5 – HARVARD’S HAPPINESS

The Ivy League still gives its NCAA tournament bid to the regular-season champion, refusing to join the conference tournament parade. Harvard therefore took a giant step to the Big Dance, rallying late to beat Princeton while Yale lost at home to Columbia. Harvard has already beaten Yale this season, so with a one-game lead in the standings over the Bulldogs, the Crimson know that as long as they can at least split next week’s pair of games against Cornell and Columbia, their March 6 home date against Yale could be the ticket-puncher.

Harvard made a strong run at the Sweet 16 last season and has won round-of-64 games in consecutive seasons. No fourth or fifth seed wants Harvard as the 13 or 12.

Saturday, the Crimson came a lot closer to making a return trip to March Madness.

4 – THE LARGE SEC BUBBLE

The SEC has four teams that could legitimately be seen as on the bubble: LSU, Ole Miss, Georgia, and Texas A&M, in no order of seeding/ranking priority. LSU and Georgia lost earlier in the week, but all four teams won on Saturday. It doesn’t seem likely that six teams will go to the Big Dance from the SEC, but four seems probable, and five is very realistic. All these teams could still play their way in or out of the field, though. Stay tuned.

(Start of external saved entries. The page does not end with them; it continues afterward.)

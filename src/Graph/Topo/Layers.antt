-- ===== src/Graph/Topo/Layers.antt =====
-- The rounds of `topoSort`: what they return, and that they end.
use covonaut.Base.{
  ℕ, zero, suc, ◌+◌, ◌-◌, ◌≤◌, ◌<◌, String, List, [], ◌∷◌, ◌++◌, true, false, ◌≡◌, refl, ap, sym,
  subst, ◌⊎◌, inl, inr, arith, eq_iff, count, Has, length, concat, count-append, eqb, Map, keys, ℤ,
  Bool-cases, List-cases,
}
use covonaut.Graph.{Graph, successors, is_empty}
use covonaut.Graph.WellFormed.{IsWf, names}
use covonaut.Graph.Topo.{
  MapOrder, ready, place_all, Sorting, sorted, cyclic, out_of_fuel, with_layer, topo_rounds,
  topo_sort, degrees_of,
}
use covonaut.Graph.Topo.Degrees.{in_edges, count-le-in_edges, Counts, place_all-Counts, count-ready}
use covonaut.Graph.Topo.Initial.{degrees_of-Counts}

in_edges-pos :
    (edges : Map (List String)) (us : List String) (v : String)
    → 0 < in_edges edges us v
    → (u : String) × Has u us × Has v (successors edges u)
in_edges-pos edges [] v h = absurd (omega arith)
in_edges-pos edges (u ∷ us) v h = elim (count-cases (count v (successors edges u))) [
  | inl z ↦ let (w, p, q) = in_edges-pos edges us v (omega arith) in (w, omega arith, q)
  | inr p ↦ (u, ground (arith, eq_iff u u), p)
]
  where
    count-cases : (n : ℕ) → (n ≡ 0) ⊎ (0 < n)
    count-cases zero = inl refl
    count-cases (suc n) = inr (omega arith)

zero_eqb : (n : ℕ) → n ≤ 0 → eqb n 0 ≡ true
zero_eqb n h = ground arith

empty_keys : (ks : List String) (k : String) → length ks ≡ 0 → count k ks ≡ 0
empty_keys [] k h = refl
empty_keys (x ∷ ks) k h = absurd (omega arith)

is_empty-cons : (l : List String) (x : String) (xs : List String) → l ≡ x ∷ xs → is_empty l ≡ false
is_empty-cons l x xs e = rw e

-- Every predecessor of a node stands in an earlier layer, or in `seen`.
abbrev pub IsLayered : Map (List String) → List String → List String → List (List String) → Type 0
IsLayered edges ns seen [] = Unit
IsLayered edges ns seen (l ∷ ls) =
    ((u v : String) → Has v l → Has u ns → Has v (successors edges u) → Has u seen)
    × IsLayered edges ns (seen ++ l) ls

-- Some nodes, each with a predecessor among them.
abbrev pub HasCycle : Map (List String) → List String → Type 0
HasCycle edges ns =
    (us : List String) × (0 < length us)
    × ((v : String) → Has v us → Has v ns × ((u : String) × Has u us × Has v (successors edges u)))

abbrev pub Sorts : Map (List String) → List String → List String → List String → Sorting → Type 0
Sorts edges ns left seen (sorted ls) =
    ((k : String) → count k (concat ls) ≡ count k left) × IsLayered edges ns seen ls
Sorts edges ns left seen cyclic = HasCycle edges ns
Sorts edges ns left seen out_of_fuel = ⊥

with_layer-Sorts :
    (edges : Map (List String)) (ns left after seen layer : List String) (s : Sorting)
    → ((k : String) → count k after + count k layer ≡ count k left)
    → ((u v : String) → Has v layer → Has u ns → Has v (successors edges u) → Has u seen)
    → Sorts edges ns after (seen ++ layer) s
    → Sorts edges ns left seen (with_layer layer s)
with_layer-Sorts edges ns left after seen layer (sorted ls) sum before h =
    (λ k. omega (arith, h.0 k, sum k, count-append k layer (concat ls)), (before, h.1))
with_layer-Sorts edges ns left after seen layer cyclic sum before h = h
with_layer-Sorts edges ns left after seen layer out_of_fuel sum before h = h

module _ (o : MapOrder) (edges : Map (List String)) (ns : List String) where
  abbrev layer_of : Map ℤ → List String
  layer_of m = ready m (o.apply (keys m))

  layer-in_edges :
      (m : Map ℤ) (k : String)
      → Counts edges m
      → Has k (layer_of m)
      → Has k (keys m) × (in_edges edges (keys m) k ≡ 0)
  layer-in_edges m k c h =
      ground (arith, count-ready m (o.apply (keys m)) k, o.same k (keys m), c.degree k)

  stuck-HasCycle :
      (m : Map ℤ)
      → Counts edges m
      → ((k : String) → Has k (keys m) → Has k ns)
      → 0 < length (keys m)
      → layer_of m ≡ []
      → HasCycle edges ns
  stuck-HasCycle m c sub some_left e =
      (keys m, some_left, λ v h. (sub v h, in_edges-pos edges (keys m) v (entered v h)))
    where
      entered : (v : String) → Has v (keys m) → 0 < in_edges edges (keys m) v
      entered v h =
          ground (arith, e, count-ready m (o.apply (keys m)) v, o.same v (keys m), c.degree v h)

  rounds-Sorts :
      (fuel remaining : ℕ) (m : Map ℤ) (seen : List String)
      → Counts edges m
      → remaining ≡ length (keys m)
      → remaining ≤ fuel
      → ((k : String) → count k seen + count k (keys m) ≡ count k ns)
      → Sorts edges ns (keys m) seen (topo_rounds o fuel edges remaining m)
  unfolding topo_rounds
  rounds-Sorts zero remaining m seen c r f sum =
      rw (zero_eqb remaining (omega arith)) (λ k. ground (arith, empty_keys (keys m) k), tt)
  rounds-Sorts (suc fuel) remaining m seen c r f sum = elim (Bool-cases (eqb remaining 0)) [
    | inl done ↦ rw done (λ k. ground (arith, empty_keys (keys m) k), tt)
    | inr more ↦ rw more (elim (List-cases (layer_of m)) [
      | inl none_ready ↦
          rw none_ready (stuck-HasCycle m c (λ k h. omega (arith, sum k)) (ground arith) none_ready)
      | inr (x, xs, e) ↦
          let layer = layer_of m in
          let entry = λ (k : String) (h : Has k layer). layer-in_edges m k c h in
          let one : (k : String) → count k layer ≤ 1 = λ k.
            ground (arith, count-ready m (o.apply (keys m)) k, o.same k (keys m), c.distinct k) in
          let (c', left, size) = place_all-Counts edges layer m c one entry in
          let rest =
            rounds-Sorts fuel (remaining - length layer) (place_all edges layer m) (seen ++ layer)
              c' (omega (arith, size, r)) (omega (arith, ap length e, r, f))
              (λ k. omega (arith, count-append k seen layer, left k, sum k)) in
          rw (is_empty-cons layer x xs e) (
            with_layer-Sorts edges ns (keys m) (keys (place_all edges layer m)) seen layer _ left
              (λ u v h p q. ground (arith, entry v h, count-le-in_edges edges u (keys m) v, sum u))
              rest)
    ])
  ]

-- `topoSort` ends: on success its layers hold each node as often as it was given, every
-- predecessor of a node stands in an earlier layer, and a failure shows nodes each of which has a
-- predecessor among them.
pub topo_sort-Sorts :
    (o : MapOrder) (g : Graph)
    → IsWf g
    → Sorts g.edges (names g) (names g) [] (topo_sort o (names g) g.edges (degrees_of g))
unfolding topo_sort
topo_sort-Sorts o g w =
    let (same, c) = degrees_of-Counts g w in
    subst
      (λ ks.
        Sorts g.edges (names g) ks []
          (topo_rounds o (length (names g)) g.edges (length (names g)) (degrees_of g)))
      same
      (rounds-Sorts o g.edges (names g) (length (names g)) (length (names g)) (degrees_of g) [] c
        (ap length (sym same)) (omega arith) (λ k. ground (arith, same)))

3 – IOWA STATE-TEXAS, AND A WEEK OF BIG 12 MOOD SWINGS

The Iowa State-Texas game on Saturday mirrored much of the Big 12 from the past week. The Cyclones, who had just one conference road win to their credit before the week began, collected a second straight road triumph to dramatically improve their seeding for March. The pair of wins also brings Iowa State a lot closer to the second seed in the Big 12 tournament. A home-court win over Oklahoma on March 2 would very likely wrap up that second seed. ISU has also played its way above the 5 line in the NCAA tournament. A 4 seed now seems to be ISU’s floor. A 3 seed is the probable ceiling. The Cyclones achieved a lot this week, and Saturday’s win over Texas was the capper.

As for Texas, the Longhorns are now in a lot of trouble.

It seemed that Rick Barnes’s team was okay for the NCAA tournament, and it might still get into the Dance with a 7-11 conference record (that sort of thing doesn’t happen often, but it does happen every now and then: a team making the tournament despite a record four games under .500 in league play). However, Iowa’s recent slide means that Texas’s win over the Hawkeyes is not currently an RPI top 50 win. Texas has just one top-50 win (West Virginia). That’s alarming.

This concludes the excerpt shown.